Select every line containing the word "true" from the material, and copy those lines.

BEGIN Materials provided

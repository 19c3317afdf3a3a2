-- ===== src/ExpertCache/Landed.antt =====
-- The promotions on their way: what holds of the queue, and that landing and flipping keep it.
use mathlib.Core.List.{append_assoc}
use mathlib.Core.Path.{subst}
use vllm_exl3_plugin.Base.{
  ℕ, ◌≡◌, inl, inr, refl, sym, ap, ◌∙◌, Bool, true, false, Option, some, List, [], ◌∷◌, ◌++◌, arith,
  In, All, Distinct, Bool-cases, Distinct-disjoint, Distinct-right, In-append_left, In-append_right,
  In-append_cases,
}
use vllm_exl3_plugin.ExpertCache.State.{
  Layout, Cache, Batch, Ref, Content, bytes_of, update2, write, slot_addr,
}
use vllm_exl3_plugin.ExpertCache.Writes.{entries, to_slot, write_slots}
use vllm_exl3_plugin.ExpertCache.Landing.{pop_landed, flips, mark_live}
use vllm_exl3_plugin.ExpertCache.Steps.{land_next}
use vllm_exl3_plugin.ExpertCache.Tables.{
  IsWellFormed, write-append, write_slots_ne, write_slots_self,
}
use vllm_exl3_plugin.ExpertCache.Coherence.{Table, IsCoherent, flip-IsCoherent}

abbrev pub refs_of : List Batch → List Ref
refs_of [] = []
refs_of (b ∷ bs) = b.moved ++ refs_of bs

module _ (K : Layout) where
  -- The copies of a batch go to the slots that its experts hold, and once its event has completed
  -- the bytes are there.
  pub record BatchOk (slot_of : ℕ → ℕ → Option ℕ) (contents : ℕ → ℕ → ℕ → Content) (b : Batch)
      : Type 0 where
    pub targets : (l e : ℕ) → In (l, e) b.moved → b.target l e ≡ slot_of l e
    pub arrived :
        b.landed ≡ true
        → (l e s j a : ℕ) → In (l, e) b.moved
        → slot_of l e ≡ some s
        → In (j, a) (K.host l e)
        → contents l j s ≡ bytes_of e

  -- It also holds of other seats and bytes that agree for the experts in the queue.
  pub All-move :
      (slot_of slot_of' : ℕ → ℕ → Option ℕ) (m m' : ℕ → ℕ → ℕ → Content) (bs : List Batch)
      → All (BatchOk slot_of m) bs
      → ((l e : ℕ) → In (l, e) (refs_of bs) → slot_of' l e ≡ slot_of l e)
      → ((l e s j : ℕ) → In (l, e) (refs_of bs) → slot_of' l e ≡ some s → m' l j s ≡ m l j s)
      → All (BatchOk slot_of' m') bs
  All-move slot_of slot_of' m m' [] ok seats same = tt
  All-move slot_of slot_of' m m' (b ∷ bs) (ok, oks) seats same =
      let left =
        λ (l e : ℕ) (i : In (l, e) b.moved). In-append_left (l, e) b.moved (refs_of bs) i in
      (
        record {
          targets = λ l e i. ok.targets l e i ∙ sym (seats l e (left l e i));
          arrived = λ h l e s j a i q n.
              same l e s j (left l e i) q
              ∙ ok.arrived h l e s j a i (sym (seats l e (left l e i)) ∙ q) n;
        },
        All-move slot_of slot_of' m m' bs oks
            (λ l e i. seats l e (In-append_right (l, e) b.moved (refs_of bs) i))
            (λ l e s j i. same l e s j (In-append_right (l, e) b.moved (refs_of bs) i)),
      )

  module _ (slot_of : ℕ → ℕ → Option ℕ) where
    BatchOk-keep :
        (m m' : ℕ → ℕ → ℕ → Content) (b : Batch)
        → BatchOk slot_of m b
        → ((l e s j : ℕ) → In (l, e) b.moved → slot_of l e ≡ some s → m' l j s ≡ m l j s)
        → BatchOk slot_of m' b
    BatchOk-keep m m' b ok same = record {
      targets = ok.targets;
      arrived = λ h l e s j a i q n. same l e s j i q ∙ ok.arrived h l e s j a i q n;
    }

    All-keep :
        (m m' : ℕ → ℕ → ℕ → Content) (bs : List Batch)
        → All (BatchOk slot_of m) bs
        → ((l e s j : ℕ) → In (l, e) (refs_of bs) → slot_of l e ≡ some s → m' l j s ≡ m l j s)
        → All (BatchOk slot_of m') bs
    All-keep m m' [] ok same = tt
    All-keep m m' (b ∷ bs) (ok, oks) same = (
      BatchOk-keep m m' b ok
          (λ l e s j i. same l e s j (In-append_left (l, e) b.moved (refs_of bs) i)),
      All-keep m m' bs oks
          (λ l e s j i. same l e s j (In-append_right (l, e) b.moved (refs_of bs) i)),
    )

    land_next_landed :
        (b : Batch) (bs : List Batch) (m : ℕ → ℕ → ℕ → Content)
        → b.landed ≡ true
        → land_next K (b ∷ bs) m ≡ (b ∷ (land_next K bs m).0, (land_next K bs m).1)
    unfolding land_next
    land_next_landed b bs m h = ground arith

    land_next_waiting :
        (b : Batch) (bs : List Batch) (m : ℕ → ℕ → ℕ → Content)
        → b.landed ≡ false
        → land_next K (b ∷ bs) m
          ≡ (record b { landed = true } ∷ bs, write_slots K bytes_of b.moved b.target m)
    unfolding land_next
    land_next_waiting b bs m h = ground arith

    landed_ok :
        (b : Batch) (m : ℕ → ℕ → ℕ → Content)
        → ((l e e' s : ℕ) → slot_of l e ≡ some s → slot_of l e' ≡ some s → e' ≡ e)
        → BatchOk slot_of m b
        → BatchOk slot_of (write_slots K bytes_of b.moved b.target m) (record b { landed = true })
    landed_ok b m one ok = record {
      targets = ok.targets;
      arrived = λ h l e s j a i q n.
          write_slots_self K bytes_of b.target b.moved m l e j a s i (ok.targets l e i ∙ q) n
            (λ e' i' t. one l e e' s q (sym (ok.targets l e' i') ∙ t));
    }

    -- The queue and the bytes after the completion of the oldest copies under way.
    abbrev pub Lands :
        List Batch → (ℕ → ℕ → ℕ → Content) → List Batch × (ℕ → ℕ → ℕ → Content) → Type 0
    Lands bs m out =
        (refs_of out.0 ≡ refs_of bs)
        × All (BatchOk slot_of out.1) out.0
        × ((l e s j : ℕ) → slot_of l e ≡ some s → ¬ In (l, e) (refs_of bs) → out.1 l j s ≡ m l j s)

    pub land_next_lem :
        (bs : List Batch) (m : ℕ → ℕ → ℕ → Content)
        → ((l e e' s : ℕ) → slot_of l e ≡ some s → slot_of l e' ≡ some s → e' ≡ e)
        → All (BatchOk slot_of m) bs
        → Distinct (refs_of bs)
        → Lands bs m (land_next K bs m)
    unfolding land_next
    land_next_lem [] m one ok d = (refl, tt, λ l e s j q n. refl)
    land_next_lem (b ∷ bs) m one (ok, oks) d = elim (Bool-cases b.landed) [
      | inl h ↦
          let (same_refs, all_ok, other) =
            land_next_lem bs m one oks (Distinct-right b.moved (refs_of bs) d) in
          subst (Lands (b ∷ bs) m) (sym (land_next_landed b bs m h)) (
            ap (λ t. b.moved ++ t) same_refs,
            (
              BatchOk-keep m (land_next K bs m).1 b ok (λ l e s j i q.
                  other l e s j q (Distinct-disjoint (l, e) b.moved (refs_of bs) d i)),
              all_ok,
            ),
            λ l e s j q n. other l e s j q (λ i. n (In-append_right (l, e) b.moved (refs_of bs) i)),
          )
      | inr h ↦
          let m' = write_slots K bytes_of b.moved b.target m in
          let moved_only = λ (l e s j : ℕ) (q : slot_of l e ≡ some s) (n : ¬ In (l, e) b.moved).
            write_slots_ne K bytes_of b.target b.moved m l j s (λ e' i t.
              n (
                subst (λ x. In (l, x) b.moved) (one l e e' s q (sym (ok.targets l e' i) ∙ t)) i)) in
          subst (Lands (b ∷ bs) m) (sym (land_next_waiting b bs m h)) (
            refl,
            (
              landed_ok b m one ok,
              All-keep m m' bs oks (λ l e s j i q.
                  moved_only l e s j q
                    (λ i'. Distinct-disjoint (l, e) b.moved (refs_of bs) d i' i)),
            ),
            λ l e s j q n.
                moved_only l e s j q (λ i. n (In-append_left (l, e) b.moved (refs_of bs) i)),
          )
    ]

  -- `to_slot` of an expert that holds a slot.
  to_slot_seated :
      (c : Cache) (l e s : ℕ)
      → c.slot_of l e ≡ some s
      → to_slot K c (l, e) ≡ entries K l e (λ j a. slot_addr K l j s) (K.host l e)
  unfolding to_slot
  to_slot_seated c l e s h = rw (h, to_slot)

  -- The loop over the landed promotions.
  pub flips-IsCoherent :
      (wf : IsWellFormed K) (c : Cache) (done rest : List Ref) (live : ℕ → ℕ → Bool) (table : Table)
      → IsCoherent K c.slot_of c.owner live c.contents table (done ++ rest)
      → ((l e s j a : ℕ)
          → In (l, e) done
          → c.slot_of l e ≡ some s
          → In (j, a) (K.host l e)
          → c.contents l j s ≡ bytes_of e)
      → IsCoherent K c.slot_of c.owner
          (mark_live K done live)
          c.contents
          (write table (flips K c done))
          rest
  unfolding flips mark_live write
  flips-IsCoherent wf c [] rest live table h bytes = h
  flips-IsCoherent wf c ((l, e) ∷ done) rest live table h bytes =
      let (dead, (s, seat)) = h.waits l e (inl refl) in
      let one =
        flip-IsCoherent K wf l e s (done ++ rest) h seat
          (λ j a n. bytes l e s j a (inl refl) seat n) in
      rw (write-append (to_slot K c (l, e)) (flips K c done) table, to_slot_seated c l e s seat)
        (flips-IsCoherent wf c done rest (update2 live l e true) _ one
          (λ l' e' s' j a i. bytes l' e' s' j a (inr i)))

  pop_landed_yes :
      (b : Batch) (bs : List Batch)
      → b.landed ≡ true
      → pop_landed K (b ∷ bs) ≡ (b.moved ++ (pop_landed K bs).0, (pop_landed K bs).1)
  unfolding pop_landed
  pop_landed_yes b bs h = ground arith

  pop_landed_no :
      (b : Batch) (bs : List Batch) → b.landed ≡ false → pop_landed K (b ∷ bs) ≡ ([], b ∷ bs)
  unfolding pop_landed
  pop_landed_no b bs h = ground arith

  -- What leaves the queue has its bytes in place, and what stays is as it was.
  pub pop_landed_lem :
      (slot_of : ℕ → ℕ → Option ℕ) (m : ℕ → ℕ → ℕ → Content) (bs : List Batch)
      → All (BatchOk slot_of m) bs
      → (refs_of bs ≡ (pop_landed K bs).0 ++ refs_of (pop_landed K bs).1)
        × All (BatchOk slot_of m) (pop_landed K bs).1
        × ((l e s j a : ℕ)
            → In (l, e) (pop_landed K bs).0
            → slot_of l e ≡ some s
            → In (j, a) (K.host l e)
            → m l j s ≡ bytes_of e)
  unfolding pop_landed
  pop_landed_lem slot_of m [] ok = (refl, tt, λ l e s j a i q n. absurd i)
  pop_landed_lem slot_of m (b ∷ bs) (ok, oks) = elim (Bool-cases b.landed) [
    | inl h ↦
        let (refs, keeps, bytes) = pop_landed_lem slot_of m bs oks in
        rw (pop_landed_yes b bs h) (
          ap (λ t. b.moved ++ t) refs
              ∙ sym (append_assoc b.moved (pop_landed K bs).0 (refs_of (pop_landed K bs).1)),
          keeps,
          λ l e s j a i q n. elim (In-append_cases (l, e) b.moved (pop_landed K bs).0 i) [
            | inl i' ↦ ok.arrived h l e s j a i' q n
            | inr i' ↦ bytes l e s j a i' q n
          ],
        )
    | inr h ↦ rw (pop_landed_no b bs h) (refl, (ok, oks), λ l e s j a i q n. absurd i)
  ]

END Materials provided

» Written reply
  ℕ, ◌≡◌, inl, inr, refl, sym, ap, ◌∙◌, Bool, true, false, Option, some, List, [], ◌∷◌, ◌++◌, arith,
        b.landed ≡ true
        → b.landed ≡ true
          ≡ (record b { landed = true } ∷ bs, write_slots K bytes_of b.moved b.target m)
        → BatchOk slot_of (write_slots K bytes_of b.moved b.target m) (record b { landed = true })
        (flips-IsCoherent wf c done rest (update2 live l e true) _ one
      → b.landed ≡ true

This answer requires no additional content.